Alum creates documentary about lack of LGBTQ+ women spaces


Photo: Photo courtesy of Alexis Clements

Clements was present at a screening of “All We’ve Got” on Feb. 19 2020 at the Coolidge Corner Theater.

By Katiana Hoefle

After coming out in her twenties, Alexis Clements ‘01 sought a community space for queer women but soon learned that the majority of them were closing across the country, inspiring her to research the spaces and showcase the narratives of queer women within these communities in a documentary.

The result of Clements’ research, a documentary titled “All We’ve Got,” showcases the importance of spaces for queer women in America. “All We’ve Got” utilizes various narratives from owners and participants of these spaces—locations where queer women can organize politically, express art, and build community—to highlight their importance to the women who are a part of them. GlobeDocs Film Festival screened the documentary with Clements present at the Coolidge Corner Theater in Brookline on Feb. 19 for people to view and discuss the film.

“It’s been super exciting to be at screenings like the one in Boston where people are able to speak across generations and across communities and really like have a moment to think about what it means to be in the queer community today,” Clements said in a phone interview from Brooklyn, New York.

The film focuses on five spaces and their own ways of creating community. Alibis in Oklahoma City, Oklahoma is a lesbian bar. The Lesbian Herstory Archives in Brooklyn, New York collects materials by lesbians to document their history. Esperanza Peace and Justice Center in San Antonio, Texas is a space for advocacy work as well as cultural and educational programming predominantly centered around inequalities faced by minorities. Wow Cafe Theater is a feminist theater space in New York, New York. The documentary closes with a Facebook group called Trans Ladies Picnic, where transgender women can meet up in public spaces.

“It is not simply to find people to date,” Clements said. “They are places to gather strength and strategy.”

Clements originally intended for the documentary to be a play entirely cast by queer women. After a script reading at the Lesbian Herstory Archives in Brooklyn, New York, Clements felt moved to do more community readings at queer women’s spaces around the country. Through researching these spaces, Clements became more invested in how areas for queer women are closing down.

Clements primarily attributes the businesses’ closing to gentrification. Clements said people commonly believe that it is not only the business being pushed out but customers being pushed out as well. Clements found that articles reporting on the topic often claim queer women are at fault for the loss of these spaces.

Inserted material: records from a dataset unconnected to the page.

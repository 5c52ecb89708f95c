-- ===== src/Config/WsUrl/Whole.antt =====
-- src/config.c: which URLs `ws_url_split` takes apart, and into what.
use mathlib.Core.List.{append_assoc}
use wireguard_tools.Config.Numbers.{is_empty}
use wireguard_tools.Config.WsUrl.Scheme.{behind_scheme-append}
use wireguard_tools.Config.WsUrl.Spelled.{authority, Readable, IsWsUrl}
use wireguard_tools.Config.WsUrl.Split.{ws_url_split-IsWsUrl}
use wireguard_tools.Config.WsUrl.{behind_colon, host_split, checked, ws_url_split}
use wireguard_tools.Libc.Text.{
  split_first-append, split_last-append, span_until-append, StartsAt, contains, contains-append,
}
use wireguard_tools.Prelude.{
  ℕ, ◌<◌, ◌≡◌, ◌↔◌, refl, arith, Bool, true, false, some, [], ◌∷◌, ◌++◌, ◌∙◌, Bytes, length,
}

host_split-authority :
    (brackets : Bool) (host port path : Bytes)
    → Readable brackets host port
    → contains b'/' port ≡ false
    → is_empty host ≡ false
    → StartsAt b'/' path
    → host_split (authority brackets host port ++ path) ≡ some (host, port ++ path)
unfolding host_split behind_colon contains
host_split-authority true host port path closed plain ne start =
    rw
      (
        append_assoc host (b']' ∷ b':' ∷ port) path,
        split_first-append b']' host (b':' ∷ (port ++ path)) closed,
      )
      refl
host_split-authority false [] port path r plain ne start = cc
host_split-authority false (c ∷ host) port path (first, slash, last) plain ne start =
    rw
      (
        first,
        span_until-append b'/' (c ∷ (host ++ (b':' ∷ port))) path (no_slash (c ∷ host) slash) start,
        split_last-append b':' (c ∷ host) port last,
      )
      refl
  where
    no_slash : (h : Bytes) → contains b'/' h ≡ false → contains b'/' (h ++ (b':' ∷ port)) ≡ false
    no_slash h k = contains-append b'/' h (b':' ∷ port) ∙ rw k plain

checked-fits :
    (hostsz portsz : ℕ) (host port : Bytes)
    → is_empty host ≡ false
    → is_empty port ≡ false
    → length host < hostsz
    → length port < portsz
    → checked hostsz portsz host port ≡ some (host, port)
unfolding checked
checked-fits hostsz portsz host port h p hf pf = rw (h, p) (ground arith)

IsWsUrl-ws_url_split :
    (url : Bytes) (hostsz portsz : ℕ) (host port : Bytes) (brackets : Bool)
    → IsWsUrl hostsz portsz brackets url host port
    → ws_url_split url hostsz portsz ≡ some (host, port)
unfolding ws_url_split
IsWsUrl-ws_url_split url hostsz portsz host port brackets w =
    rw
      (
        w.spelled,
        behind_scheme-append w.scheme (authority brackets host port ++ w.path) w.scheme_is,
        host_split-authority brackets host port w.path w.readable w.port_plain w.host_nonempty
            w.path_start,
        span_until-append b'/' port w.path w.port_plain w.path_start,
      )
      (checked-fits hostsz portsz host port w.host_nonempty w.port_nonempty w.host_fits w.port_fits)

-- `ws_url_split` takes a URL apart into a host and a port exactly if the URL is a scheme, ws:// or
-- wss:// in any case, then the host, a colon and the port, then nothing or a path that starts with a
-- slash, and this is readable: either the host stands in brackets and holds no closing bracket, or it
-- stands without, does not begin with an opening bracket and holds no slash, and then the port holds no
-- colon. In both cases the port holds no slash, neither of the two is empty, and each fits its buffer
-- with a NUL.
pub ws_url_split_iff :
    (url : Bytes) (hostsz portsz : ℕ) (host port : Bytes)
    → (ws_url_split url hostsz portsz ≡ some (host, port))
      ↔ ((brackets : Bool) × IsWsUrl hostsz portsz brackets url host port)
ws_url_split_iff url hostsz portsz host port = (
  λ e. ws_url_split-IsWsUrl url hostsz portsz e,
  λ w. IsWsUrl-ws_url_split url hostsz portsz host port w.0 w.1,
)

“They often end with a little note, ‘If you just bought another beer this place would still be here.’ And that is so bullshit,” Clements said. “Sure if you still could afford to live in a neighborhood next door to that bar and then you could also afford to buy that second beer, but the reality is that most of the people who occupy the bars that have closed have also been pushed out. It is such a kind of victim-blaming, and like a crappy game that gets played against queer women.”

Clements wrestled with the idea of community throughout the process of the documentary. She said the term is often used in too broad of a form to describe groups of people.

“[Community] is something more than just being in the room together,” Clements said. “What it provides is that you’re sitting in the room, you’re working with people who you might share something in common with, but you care enough about the shared purpose to work through difficulty.”

This topic was a shock to some of the audience members when discussing the various queer women’s spaces that have closed in Boston after the screening.

“You don’t think about it, but then you are like ‘Oh…yeah,’” Caitlin Hamill, who attended the screening, said. “This is a really important narrative that doesn’t get the same recognition.”

The process for filming and editing the documentary took five and a half years, which Clements said is quick compared to most directors’ first documentaries. Clements traveled around the country, filming different spaces in New York, Florida, Louisiana, and California, among other places.

After the editing process, Clements decided to send the individual film sections that showcased the five spaces to their respective organizers.

“It felt important for the people speaking to not feel like we were taking anything away from them,” Clements said.

While Clements argued that these spaces are still important to queer women today, GlobeDocs audience member Denise Lagault noted that they were more important in the past.

“These spaces aren’t as needed as they were because [queer people] can hold hands [in public],” Lagault said, “You don’t have to find these spaces. I lived two separate lives.”

Clements urged the crowd at the end of the screening to continue the conversation about these spaces closing down.

“I do think if we are going to have space together and we’re going to get anywhere together, we’ve got to dig into this,” Clements said.